Exercise: Check each line of the data for "contains", then give the number of lines that have it, without any other words.

Source data:

-- ===== src/Targets.antt =====
-- cmd/kbuild-step/main.go: `resolveTargets` and `modulesEnabled`.
pub mod Contract
pub mod Resolve
pub mod Modules
use kernelbuild_buildkit.Common.{
  ℕ, ◌==◌, Bool, true, false, not, ◌&&◌, ◌||◌, List, [], ◌∷◌, ◌++◌, if◌then◌else◌, Option, none,
  some, Bytes, codes, beq, is_empty, split, has_prefix, contains, Result, ok, err, ◌>>=◌,
}

-- What `resolveTargets` returns; the map of artifacts is a list of pairs.
pub record Plan : Type 0 where
  pub make_targets : List Bytes
  pub artifacts : List (Bytes × Bytes)
  pub want_modules : Bool
  pub want_config : Bool
  pub want_kconfigs : Bool

pub data TargetError : Type 0 where
  no_targets : TargetError
  unknown_target : Bytes → TargetError

-- `artifacts[src] = dst`
unfoldable pub set_artifact : Bytes → Bytes → List (Bytes × Bytes) → List (Bytes × Bytes)
unfolding beq
set_artifact src dst [] = (src, dst) ∷ []
set_artifact src dst ((s, d) ∷ m) =
    if beq s src then (s, dst) ∷ m else (s, d) ∷ set_artifact src dst m

abbrev pub lift : Bytes → Bytes → Bytes → Plan → Plan
lift target src dst r = record r {
  make_targets = r.make_targets ++ (target ∷ []);
  artifacts = set_artifact src dst r.artifacts;
}

-- The arch's bootable image.
unfoldable pub add_image : Bytes → Plan → Plan
unfolding beq
add_image arch r =
    if beq arch (codes "arm64")
    then lift (codes "Image") (codes "arch/arm64/boot/Image") (codes "/out/Image") r
    else lift (codes "bzImage") (codes "arch/x86/boot/bzImage") (codes "/out/bzImage") r

-- The switch on a token.
unfoldable pub add_target : Bytes → Bytes → Plan → Result TargetError Plan
unfolding beq add_image
add_target arch tgt r =
    if beq tgt (codes "vmlinux")
    then ok (lift (codes "vmlinux") (codes "vmlinux") (codes "/out/vmlinux") r)
    else if beq tgt (codes "image")
    then ok (add_image arch r)
    else if beq tgt (codes "modules")
    then ok
        (record r { make_targets = r.make_targets ++ (codes "modules" ∷ []); want_modules = true })
    else if beq tgt (codes "config")
    then ok (record r { want_config = true })
    else if beq tgt (codes "kconfigs")
    then ok (record r { want_kconfigs = true })
    else err (unknown_target tgt)

unfoldable pub add_targets : Bytes → List Bytes → Plan → Result TargetError Plan
unfolding add_target
add_targets arch [] r = ok r
add_targets arch (t ∷ ts) r = do q ← add_target arch t r; add_targets arch ts q

abbrev pub no_plan : Plan
no_plan = record {
  make_targets = [];
  artifacts = [];
  want_modules = false;
  want_config = false;
  want_kconfigs = false;
}

-- `resolveTargets`, with the values of KARCH and TARGETS.
unfoldable pub resolve_targets : Bytes → Bytes → Result TargetError Plan
unfolding add_targets split
resolve_targets arch raw =
    if is_empty raw then err no_targets else add_targets arch (split b',' raw) no_plan

-- `modulesEnabled`
unfoldable pub modules_enabled : Bytes → Bool
unfolding has_prefix contains
modules_enabled config =
    has_prefix config (codes "CONFIG_MODULES=y\n") || contains config (codes "\nCONFIG_MODULES=y\n")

Answer box: 3